Robust principal component analysis using facial reduction

We introduce a novel approach for robust principal component analysis (RPCA) for a partially observed data matrix. The aim is to recover the data matrix as a sum of a low-rank matrix and a sparse matrix so as to eliminate erratic noise (outliers). This problem is known to be NP-hard in general. A classical approach to solving RPCA is to consider convex relaxations. One such heuristic involves the minimization of the (weighted) sum of a nuclear norm part, that promotes a low-rank component, with an l(1) norm part, to promote a sparse component. This results in a well-structured convex problem that can be efficiently solved by modern first-order methods.
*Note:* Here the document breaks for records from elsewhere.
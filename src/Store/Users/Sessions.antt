-- ===== src/Store/Users/Sessions.antt =====
-- Which user a session token stands for, after each change of the users and of the sessions.
use go_sentinel.Base.{
  String, List, [], ◌∷◌, ◌++◌, Bool, true, false, not, ◌&&◌, str_eq, eq_iff, if◌then◌else◌, ◌≡◌,
  ◌≢◌, refl, ap, arith, any, Bool-cases, inl, inr,
}
use go_sentinel.Base.Int.{ℤ, ◌≤ℤ◌, ltb_ℤ, eqb_ℤ, eqb_ℤ_iff}
use go_sentinel.Base.Result.{Result, ok, err, ok_inj}
use go_sentinel.Base.Text.{to_lower}
use go_sentinel.Store.{User, Session, Database, StoreError, not_found, constraint_failed}
use go_sentinel.Store.Table.{select, first_row, select_row, delete_rows}
use go_sentinel.Store.Table.Rows.{first_row-append, first_row-select, affected-any}
use go_sentinel.Store.Runs.{scanned}
use go_sentinel.Store.Users.{
  create_user, get_user_by_name, delete_user, create_session, user_for_session, delete_session,
  purge_expired_sessions, join_user, is_live, is_of_user, is_expired, has_user_id, has_name,
}

live-purge :
    (token_hash : String) (now later : ℤ) (sessions : List Session)
    → now ≤ℤ later
    → select (is_live token_hash later) (delete_rows (is_expired now) sessions)
      ≡ select (is_live token_hash later) sessions
unfolding select delete_rows
live-purge token_hash now later [] h = refl
live-purge token_hash now later (s ∷ rest) h = ground (arith, live-purge token_hash now later rest)

live-delete :
    (token_hash other : String) (now : ℤ) (sessions : List Session)
    → select (is_live other now) (delete_rows (λ s. str_eq s.token_hash token_hash) sessions)
      ≡ (if str_eq token_hash other then [] else select (is_live other now) sessions)
unfolding select delete_rows
live-delete token_hash other now [] = ground arith
live-delete token_hash other now (s ∷ rest) = ground (
  arith,
  live-delete token_hash other now rest,
  eq_iff s.token_hash token_hash,
  eq_iff s.token_hash other,
  eq_iff token_hash other,
)

delete-append :
    {A : Type 0} (p : A → Bool) (xs ys : List A)
    → delete_rows p (xs ++ ys) ≡ delete_rows p xs ++ delete_rows p ys
unfolding delete_rows
delete-append p [] ys = refl
delete-append p (x ∷ xs) ys = ground (arith, delete-append p xs ys)

-- Deleting the rows of a user among those that a session selects.
delete-select :
    (id key : ℤ) (users : List User)
    → delete_rows (has_user_id id) (select (has_user_id key) users)
      ≡ (if eqb_ℤ key id then [] else select (has_user_id key) users)
unfolding select delete_rows
delete-select id key [] = ground arith
delete-select id key (u ∷ users) =
    ground
      (arith, delete-select id key users, eqb_ℤ_iff u.id id, eqb_ℤ_iff u.id key, eqb_ℤ_iff key id)

select-delete :
    (id key : ℤ) (users : List User)
    → eqb_ℤ key id ≡ false
    → select (has_user_id key) (delete_rows (has_user_id id) users) ≡ select (has_user_id key) users
unfolding select delete_rows
select-delete id key [] h = refl
select-delete id key (u ∷ users) h =
    ground
      (arith, select-delete id key users, eqb_ℤ_iff u.id id, eqb_ℤ_iff u.id key, eqb_ℤ_iff key id)

-- The sessions of a deleted user are gone, so that its rows are gone from the join.
join-delete :
    (id now : ℤ) (token_hash : String) (users : List User) (sessions : List Session)
    → join_user
        (delete_rows (has_user_id id) users)
        (select (is_live token_hash now) (delete_rows (is_of_user id) sessions))
      ≡ delete_rows (has_user_id id) (join_user users (select (is_live token_hash now) sessions))
unfolding select delete_rows join_user
join-delete id now token_hash users [] = refl
join-delete id now token_hash users (s ∷ rest) = ground (
  arith,
  join-delete id now token_hash users rest,
  delete-select id s.user_id users,
  select-delete id s.user_id users,
  delete-append (has_user_id id) (select (has_user_id s.user_id) users)
      (join_user users (select (is_live token_hash now) rest)),
)

first-kept :
    (id : ℤ) (users : List User) (u : User)
    → ((scanned (first_row (delete_rows (has_user_id id) users)) ≡ ok u) → u.id ≢ id)
      × ((scanned (first_row users) ≡ ok u)
          → u.id ≢ id
          → scanned (first_row (delete_rows (has_user_id id) users)) ≡ ok u)
unfolding delete_rows
first-kept id [] u = ground arith
first-kept id (v ∷ users) u =
    ground
      (arith, first-kept id users u, eqb_ℤ_iff v.id id, ok_inj {E = StoreError} {a = v} {b = u})

live-added :
    (added : Session) (other : String) (now : ℤ) (sessions : List Session)
    → any (λ s. str_eq added.token_hash s.token_hash) sessions ≡ false
    → select (is_live other now) (sessions ++ (added ∷ [])) ≡ (
        if str_eq added.token_hash other
        then (if ltb_ℤ now added.expires_at then added ∷ [] else [])
        else select (is_live other now) sessions)
unfolding select
live-added added other now [] h = ground arith
live-added added other now (s ∷ rest) h = ground (
  arith,
  live-added added other now rest,
  eq_iff added.token_hash s.token_hash,
  eq_iff s.token_hash other,
  eq_iff added.token_hash other,
)

found-added :
    (users : List User) (added : Session)
    → first_row (join_user users (added ∷ [])) ≡ select_row (has_user_id added.user_id) users
unfolding join_user
found-added users added = ground (
  arith,
  first_row-append (select (has_user_id added.user_id) users) [],
  first_row-select (has_user_id added.user_id) users,
)

module _ {F : Type 0} where
  -- A session that is purged at some time resolves to no user from then on, so that the purge
  -- changes what no token stands for: at every time that is not earlier than the purge,
  -- UserForSession answers as it did before it, for every token.
  pub user_for_session-purge_expired_sessions :
      (token_hash : String) (now later : ℤ) (db : Database F)
      → now ≤ℤ later
      → user_for_session token_hash later (purge_expired_sessions now db).0
        ≡ user_for_session token_hash later db
  unfolding user_for_session purge_expired_sessions
  user_for_session-purge_expired_sessions token_hash now later db h =
      rw (live-purge token_hash now later db.sessions h) refl

  -- After a logout the token of the session stands for nobody, and every other token for whom it
  -- stood.
  pub user_for_session-delete_session :
      (token_hash other : String) (now : ℤ) (db : Database F)
      → user_for_session other now (delete_session token_hash db)
        ≡ (if str_eq token_hash other then err not_found else user_for_session other now db)
  unfolding user_for_session delete_session join_user
  user_for_session-delete_session token_hash other now db =
      rw (live-delete token_hash other now db.sessions) (ground arith)

  -- What a call of DeleteUser is to do.
  abbrev pub IsSignedOut : ℤ → Database F → Result StoreError (Database F) → Type 0
  IsSignedOut id db (err e) = (any (has_user_id id) db.users ≡ false) × (e ≡ not_found)
  IsSignedOut id db (ok after) =
      (any (has_user_id id) db.users ≡ true)
      × ((token_hash : String) (now : ℤ) (u : User)
          → ((user_for_session token_hash now after ≡ ok u) → u.id ≢ id)
            × ((user_for_session token_hash now db ≡ ok u)
                → u.id ≢ id
                → user_for_session token_hash now after ≡ ok u))

  -- Deleting a user succeeds exactly where the user is in the table, and signs the user out
  -- everywhere: afterwards no token stands at any time for a user with that id, and a token that
  -- stood for another user still does.
  pub delete_user-IsSignedOut : (id : ℤ) (db : Database F) → IsSignedOut id db (delete_user id db)
  unfolding delete_user user_for_session
  delete_user-IsSignedOut id db =
      rw (delete_user, affected-any (has_user_id id) db.users)
        (elim (Bool-cases (any (has_user_id id) db.users)) [
          | inl e ↦ rw e (
            e,
            λ token_hash now u.
                rw (join-delete id now token_hash db.users db.sessions) (first-kept id _ u),
          )
          | inr e ↦ rw e (e, refl)
        ])

  -- What a call of CreateSession is to do.
  abbrev pub IsSignedIn : String → ℤ → ℤ → Database F → Result StoreError (Database F) → Type 0
  IsSignedIn token_hash user_id expires_at db (err e) =
      (e ≡ constraint_failed)
      × ((any (has_user_id user_id) db.users
            && not (any (λ s. str_eq token_hash s.token_hash) db.sessions))
          ≡ false)
  IsSignedIn token_hash user_id expires_at db (ok after) =
      (other : String) (now : ℤ)
      → user_for_session other now after ≡ (
          if str_eq token_hash other
          then (if ltb_ℤ now expires_at
              then scanned (select_row (has_user_id user_id) db.users)
              else err not_found)
          else user_for_session other now db)

  -- A session that is created for a user of the table is the one of its token: until it expires
  -- the token stands for the user that the id has in the table, then for nobody; what other tokens
  -- stand for stays. The creation is refused exactly where there is no such user or the token is
  -- taken.
  pub create_session-IsSignedIn :
      (token_hash : String) (user_id expires_at : ℤ) (db : Database F)
      → IsSignedIn token_hash user_id expires_at db
          (create_session token_hash user_id expires_at db)
  unfolding create_session user_for_session join_user
  create_session-IsSignedIn token_hash user_id expires_at db =
      elim (Bool-cases (any (has_user_id user_id) db.users)) [
        | inr e ↦ rw (create_session, e) (refl, rw e refl)
        | inl e ↦
            rw (create_session, e)
              (elim (Bool-cases (any (λ s. str_eq token_hash s.token_hash) db.sessions)) [
                | inl t ↦ rw t (refl, rw (e, t) refl)
                | inr t ↦
                    rw t
                      (λ other now. rw (live-added new other now db.sessions t) (resolve other now))
              ])
      ]
    where
      new : Session
      new = record { token_hash = token_hash; user_id = user_id; expires_at = expires_at }

      resolve :
          (other : String) (now : ℤ)
          → scanned (
              first_row (
                join_user db.users (
                  if str_eq token_hash other
                  then (if ltb_ℤ now expires_at then new ∷ [] else [])
                  else select (is_live other now) db.sessions)))
            ≡ (if str_eq token_hash other
                then (if ltb_ℤ now expires_at
                    then scanned (select_row (has_user_id user_id) db.users)
                    else err not_found)
                else scanned
                    (first_row (join_user db.users (select (is_live other now) db.sessions))))
      resolve other now = ground (arith, found-added db.users new)

  -- What a call of CreateUser is to do.
  abbrev pub IsNamed : String → Database F → Result StoreError (Database F × User) → Type 0
  IsNamed username db (err e) =
      (e ≡ constraint_failed)
      × ((name : String)
          → to_lower name ≡ to_lower username
          → get_user_by_name name db ≢ err not_found)
  IsNamed username db (ok made) =
      (made.1.username ≡ username)
      × ((name : String)
          → get_user_by_name name made.0 ≡ (
              if str_eq (to_lower username) (to_lower name)
              then ok made.1
              else get_user_by_name name db))

  -- A new user is found under its name, whatever the case of its letters, and the lookup of every
  -- other name is as before; a creation that is refused is one of a name that is taken in any case.
  pub create_user-IsNamed :
      (now : ℤ) (username password_hash : String) (db : Database F)
      → IsNamed username db (create_user now username password_hash db)
  unfolding create_user get_user_by_name select_row
  create_user-IsNamed now username password_hash db =
      elim (Bool-cases (any (λ u. str_eq (to_lower username) (to_lower u.username)) db.users)) [
        | inl e ↦ rw (create_user, e) (refl, λ name same. taken name same db.users e)
        | inr e ↦ rw (create_user, e) (refl, λ name. fresh name _ refl db.users e)
      ]
    where
      fresh :
          (name : String) (u : User)
          → u.username ≡ username
          → (users : List User)
          → any (λ other. str_eq (to_lower username) (to_lower other.username)) users ≡ false
          → scanned (select_row (has_name name) (users ++ (u ∷ []))) ≡ (
              if str_eq (to_lower username) (to_lower name)
              then ok u
              else scanned (select_row (has_name name) users))
      fresh name u same [] n = ground (arith, same, ap to_lower same)
      fresh name u same (other ∷ users) n = ground (
        arith,
        fresh name u same users,
        eq_iff (to_lower username) (to_lower other.username),
        eq_iff (to_lower other.username) (to_lower name),
        eq_iff (to_lower username) (to_lower name),
      )

      taken :
          (name : String)
          → to_lower name ≡ to_lower username
          → (users : List User)
          → any (λ u. str_eq (to_lower username) (to_lower u.username)) users ≡ true
          → scanned (select_row (has_name name) users) ≢ err not_found
      taken name same [] e = ground arith
      taken name same (u ∷ users) e = ground (
        arith,
        taken name same users,
        eq_iff (to_lower username) (to_lower u.username),
        eq_iff (to_lower u.username) (to_lower name),
      )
However, first-order methods often yield low accuracy solutions. Moreover, the heuristic of using a norm consisting of a weighted sum of norms may lose some of the advantages that each norm had when used separately. In this paper, we propose a novel nonconvex and nonsmooth reformulation of the original NP-hard RPCA model. The new model adds a redundant semidefinite cone constraint and solves small subproblems using a PALM algorithm. Each subproblem results in an exposing vector for a facial reduction technique that is able to reduce the size significantly. This makes the problem amenable to efficient algorithms in order to obtain high-level accuracy. We include numerical results that confirm the efficacy of our approach.